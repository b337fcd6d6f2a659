-- ===== src/Task/Safety/Run.antt =====
-- Running a handle: every execution function of task_base.h, in every case of the parent's end.
use asyncplusplus_1_1_annota.Base.{
  ℕ, ◌+◌, ◌≡◌, ◌≢◌, ◌⊎◌, true, Option, Bool, none, some, List, ◌==◌, if◌then◌else◌, arith, refl,
  Option-cases, inl, inr, ==_refl, sym, ap, ◌∙◌, some_inj,
}
use asyncplusplus_1_1_annota.Task.Types.{
  TaskState, pending, locked, unwrapped, completed, canceled, is_finished, Value, Gave, gives,
  returned, then_throws, Exec, forward, Task, World,
}
use asyncplusplus_1_1_annota.Task.Exec.{link, unwrapped_finish, unwrap}
use asyncplusplus_1_1_annota.Task.Steps.{
  set_state-store, destroy_func-store, cancel_base-store, end_with,
}
use asyncplusplus_1_1_annota.Task.Inv.{Inv, IsSound, count, waits_on, target, func_at}
use asyncplusplus_1_1_annota.Task.Inv.Drop.{dropped, drop-Inv}
use asyncplusplus_1_1_annota.Task.Inv.Alloc.{IsFree}
use asyncplusplus_1_1_annota.Task.Safety.{keeps, Safe, end-Inv, running, nobody, stored, cancel-run}
use asyncplusplus_1_1_annota.Task.Safety.Link.{linked-at}

-- What a finished task left: a result if it completed, and otherwise an exception.
abbrev pub Left : {V E : Type 0} → Task V E → Type 0
Left {V} {E} q =
    ((v : Value V) × (q.state ≡ completed) × (q.result ≡ some v))
    ⊎ ((e : E) × (q.state ≡ canceled) × (q.except ≡ some e))

-- The task that a function returned, if it returned one, is there.
abbrev pub IsThere : {V E : Type 0} → World V E → Gave E → Type 0
IsThere {V} {E} w g =
    (c : ℕ) (moves : Bool) (x : Option E) → g ≡ gives (returned c moves x) → w.task c ≢ none

end-cases :
    {V E : Type 0} (q : Task V E)
    → IsSound q
    → (s : TaskState) → q.state ≡ s
    → is_finished s ≡ true
    → Left q
end-cases q ok completed is over = elim (Option-cases q.result) [
  | inl e ↦ absurd (ok.has_result is e)
  | inr (v, e) ↦ inl (v, is, e)
]
end-cases q ok canceled is over = elim (Option-cases q.except) [
  | inl e ↦ absurd (ok.has_except is e)
  | inr (x, e) ↦ inr (x, is, e)
]
end-cases q ok pending is over = absurd cc
end-cases q ok locked is over = absurd cc
end-cases q ok unwrapped is over = absurd cc

module _ {V E : Type 0} {w : World V E} (inv : Inv w) (t : ℕ) (k : Task V E) (f : Exec V E)
    (there : w.task t ≡ some k) (owns : k.func ≡ some f) (left : List ℕ)
    (took : (c : ℕ) → count c w.handles ≡ (if c == t then 1 else 0) + count c left) where
  abbrev now : World V E
  now = running inv t k f there owns left took

  abbrev unwrapping : World V E
  unwrapping = dropped inv t k f there owns left took unwrapped refl

  unwrapping-Inv : Inv unwrapping
  unwrapping-Inv = drop-Inv inv t k f there owns left took unwrapped refl

  func-unwrapping : (c : ℕ) (g : Exec V E) → func_at unwrapping c ≡ some g → func_at w c ≡ some g
  func-unwrapping c g e = ground arith

  live-unwrapping : (c : ℕ) → w.task c ≢ none → (k' : Task V E) × (unwrapping.task c ≡ some k')
  live-unwrapping c ne = elim (Option-cases (unwrapping.task c)) [
    | inl e ↦ absurd (ne (ground arith))
    | inr s ↦ s
  ]

  module _ (c : ℕ) (moves : Bool) (copy_throws : Option E) where
    abbrev forwards : Exec V E
    forwards = forward t c moves copy_throws

    target-forward : (u : ℕ) (g : Exec V E) → some forwards ≡ some g → target g ≡ some u → t ≡ u
    target-forward u g e h = some_inj (ap target (some_inj e) ∙ h)

    forward-IsFree : w.task c ≢ none → IsFree unwrapping (some forwards)
    forward-IsFree live = record {
      held = λ u g e h. (
        record k { state = unwrapped; func = none },
        rw (target-forward u g e h, ==_refl u) refl,
        refl,
      );
      alone = λ d u g h e i j l.
          nobody inv t k f there owns left took d h (func-unwrapping d h j)
            (l ∙ ap some (sym (target-forward u g e i)));
      waits = λ p g e h z.
          let (k', at) = live-unwrapping c live in
          let is_child : c ≡ p = some_inj (ap waits_on (some_inj e) ∙ h) in cc;
    }

  kept_unwrapping :
      (c : ℕ) (q : Task V E)
      → w.task c ≡ some q
      → is_finished q.state ≡ true
      → unwrapping.task c ≡ some q
  kept_unwrapping =
      keeps inv t k f there owns left took (record k { state = unwrapped; func = none })

  pub unwrap-run : (g : Gave E) → IsThere w g → Safe w (unwrap now t g)
  unfolding unwrap unwrapped_finish link
  unwrap-run (gives (returned d moves x)) live =
      let (k', at) = live-unwrapping d (live d moves x refl) in
      let (w', e, after, same) =
        linked-at unwrapping-Inv (forward t d moves x)
          (forward-IsFree d moves x (live d moves x refl)) d refl k' at in
      (
        w',
        ap (λ u. unwrapped_finish u t (returned d moves x))
              (sym (stored inv t k f there owns left took))
            ∙ rw
                (
                  set_state-store now t k unwrapped,
                  destroy_func-store now t (record k { state = unwrapped }) f owns,
                )
                e,
        after,
        λ c q old over. same c q (kept_unwrapping c q old over) over,
      )
  unwrap-run (gives (then_throws e)) live = (
    end_with now t (record k { func = none }) canceled none (some e),
    ap (λ u. unwrapped_finish u t (then_throws e)) (sym (stored inv t k f there owns left took))
        ∙ rw
            (
              set_state-store now t k unwrapped,
              destroy_func-store now t (record k { state = unwrapped }) f owns,
            )
            (cancel_base-store now t (record k { state = unwrapped; func = none }) e),
    end-Inv inv t k f there owns left took canceled none (some e) (λ h. cc, λ _ h. cc) refl,
    keeps inv t k f there owns left took _,
  )
  unwrap-run (Gave.throws e) live = cancel-run inv t k f there owns left took e

  -- The task that a running one waited for has finished.
  parent_done :
      (p : ℕ)
      → waits_on f ≡ some p
      → (q : Task V E) × (w.task p ≡ some q) × (is_finished q.state ≡ true)
  parent_done p h = elim (Option-cases (w.task p)) [
    | inl e ↦ absurd (inv.parent t p f (ground arith) h e)
    | inr (q, e) ↦ (q, e, ground (arith, inv.handed t, took t, ==_refl t))
  ]

  -- What the parent left.
  pub parent-cases : (p : ℕ) → waits_on f ≡ some p → (q : Task V E) × (w.task p ≡ some q) × Left q
  parent-cases p h =
      let (q, at, over) = parent_done p h in
      (q, at, end-cases q (inv.sound p q at) q.state refl over)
○ ○ ○ ○
Each record must be output word for word.

# Answer to the exercise
repository b337fcd6d6f2a659
-- ===== src/Task/Safety/Run.antt =====
-- Running a handle: every execution function of task_base.h, in every case of the parent's end.
use asyncplusplus_1_1_annota.Base.{
  ℕ, ◌+◌, ◌≡◌, ◌≢◌, ◌⊎◌, true, Option, Bool, none, some, List, ◌==◌, if◌then◌else◌, arith, refl,
  Option-cases, inl, inr, ==_refl, sym, ap, ◌∙◌, some_inj,
}
use asyncplusplus_1_1_annota.Task.Types.{
  TaskState, pending, locked, unwrapped, completed, canceled, is_finished, Value, Gave, gives,
  returned, then_throws, Exec, forward, Task, World,
}
use asyncplusplus_1_1_annota.Task.Exec.{link, unwrapped_finish, unwrap}
use asyncplusplus_1_1_annota.Task.Steps.{
  set_state-store, destroy_func-store, cancel_base-store, end_with,
}
use asyncplusplus_1_1_annota.Task.Inv.{Inv, IsSound, count, waits_on, target, func_at}
use asyncplusplus_1_1_annota.Task.Inv.Drop.{dropped, drop-Inv}
use asyncplusplus_1_1_annota.Task.Inv.Alloc.{IsFree}
use asyncplusplus_1_1_annota.Task.Safety.{keeps, Safe, end-Inv, running, nobody, stored, cancel-run}
use asyncplusplus_1_1_annota.Task.Safety.Link.{linked-at}

-- What a finished task left: a result if it completed, and otherwise an exception.
abbrev pub Left : {V E : Type 0} → Task V E → Type 0
Left {V} {E} q =
    ((v : Value V) × (q.state ≡ completed) × (q.result ≡ some v))
    ⊎ ((e : E) × (q.state ≡ canceled) × (q.except ≡ some e))

-- The task that a function returned, if it returned one, is there.
abbrev pub IsThere : {V E : Type 0} → World V E → Gave E → Type 0
IsThere {V} {E} w g =
    (c : ℕ) (moves : Bool) (x : Option E) → g ≡ gives (returned c moves x) → w.task c ≢ none

end-cases :
    {V E : Type 0} (q : Task V E)
    → IsSound q
    → (s : TaskState) → q.state ≡ s
    → is_finished s ≡ true
    → Left q
end-cases q ok completed is over = elim (Option-cases q.result) [
  | inl e ↦ absurd (ok.has_result is e)
  | inr (v, e) ↦ inl (v, is, e)
]
end-cases q ok canceled is over = elim (Option-cases q.except) [
  | inl e ↦ absurd (ok.has_except is e)
  | inr (x, e) ↦ inr (x, is, e)
]
end-cases q ok pending is over = absurd cc
end-cases q ok locked is over = absurd cc
end-cases q ok unwrapped is over = absurd cc

module _ {V E : Type 0} {w : World V E} (inv : Inv w) (t : ℕ) (k : Task V E) (f : Exec V E)
    (there : w.task t ≡ some k) (owns : k.func ≡ some f) (left : List ℕ)
    (took : (c : ℕ) → count c w.handles ≡ (if c == t then 1 else 0) + count c left) where
  abbrev now : World V E
  now = running inv t k f there owns left took

  abbrev unwrapping : World V E
  unwrapping = dropped inv t k f there owns left took unwrapped refl

  unwrapping-Inv : Inv unwrapping
  unwrapping-Inv = drop-Inv inv t k f there owns left took unwrapped refl

  func-unwrapping : (c : ℕ) (g : Exec V E) → func_at unwrapping c ≡ some g → func_at w c ≡ some g
  func-unwrapping c g e = ground arith

  live-unwrapping : (c : ℕ) → w.task c ≢ none → (k' : Task V E) × (unwrapping.task c ≡ some k')
  live-unwrapping c ne = elim (Option-cases (unwrapping.task c)) [
    | inl e ↦ absurd (ne (ground arith))
    | inr s ↦ s
  ]

  module _ (c : ℕ) (moves : Bool) (copy_throws : Option E) where
    abbrev forwards : Exec V E
    forwards = forward t c moves copy_throws

    target-forward : (u : ℕ) (g : Exec V E) → some forwards ≡ some g → target g ≡ some u → t ≡ u
    target-forward u g e h = some_inj (ap target (some_inj e) ∙ h)

    forward-IsFree : w.task c ≢ none → IsFree unwrapping (some forwards)
    forward-IsFree live = record {
      held = λ u g e h. (
        record k { state = unwrapped; func = none },
        rw (target-forward u g e h, ==_refl u) refl,
        refl,
      );
      alone = λ d u g h e i j l.
          nobody inv t k f there owns left took d h (func-unwrapping d h j)
            (l ∙ ap some (sym (target-forward u g e i)));
      waits = λ p g e h z.
          let (k', at) = live-unwrapping c live in
          let is_child : c ≡ p = some_inj (ap waits_on (some_inj e) ∙ h) in cc;
    }

  kept_unwrapping :
      (c : ℕ) (q : Task V E)
      → w.task c ≡ some q
      → is_finished q.state ≡ true
      → unwrapping.task c ≡ some q
  kept_unwrapping =
      keeps inv t k f there owns left took (record k { state = unwrapped; func = none })

  pub unwrap-run : (g : Gave E) → IsThere w g → Safe w (unwrap now t g)
  unfolding unwrap unwrapped_finish link
  unwrap-run (gives (returned d moves x)) live =
      let (k', at) = live-unwrapping d (live d moves x refl) in
      let (w', e, after, same) =
        linked-at unwrapping-Inv (forward t d moves x)
          (forward-IsFree d moves x (live d moves x refl)) d refl k' at in
      (
        w',
        ap (λ u. unwrapped_finish u t (returned d moves x))
              (sym (stored inv t k f there owns left took))
            ∙ rw
                (
                  set_state-store now t k unwrapped,
                  destroy_func-store now t (record k { state = unwrapped }) f owns,
                )
                e,
        after,
        λ c q old over. same c q (kept_unwrapping c q old over) over,
      )
  unwrap-run (gives (then_throws e)) live = (
    end_with now t (record k { func = none }) canceled none (some e),
    ap (λ u. unwrapped_finish u t (then_throws e)) (sym (stored inv t k f there owns left took))
        ∙ rw
            (
              set_state-store now t k unwrapped,
              destroy_func-store now t (record k { state = unwrapped }) f owns,
            )
            (cancel_base-store now t (record k { state = unwrapped; func = none }) e),
    end-Inv inv t k f there owns left took canceled none (some e) (λ h. cc, λ _ h. cc) refl,
    keeps inv t k f there owns left took _,
  )
  unwrap-run (Gave.throws e) live = cancel-run inv t k f there owns left took e

  -- The task that a running one waited for has finished.
  parent_done :
      (p : ℕ)
      → waits_on f ≡ some p
      → (q : Task V E) × (w.task p ≡ some q) × (is_finished q.state ≡ true)
  parent_done p h = elim (Option-cases (w.task p)) [
    | inl e ↦ absurd (inv.parent t p f (ground arith) h e)
    | inr (q, e) ↦ (q, e, ground (arith, inv.handed t, took t, ==_refl t))
  ]

  -- What the parent left.
  pub parent-cases : (p : ℕ) → waits_on f ≡ some p → (q : Task V E) × (w.task p ≡ some q) × Left q
  parent-cases p h =
      let (q, at, over) = parent_done p h in
      (q, at, end-cases q (inv.sound p q at) q.state refl over)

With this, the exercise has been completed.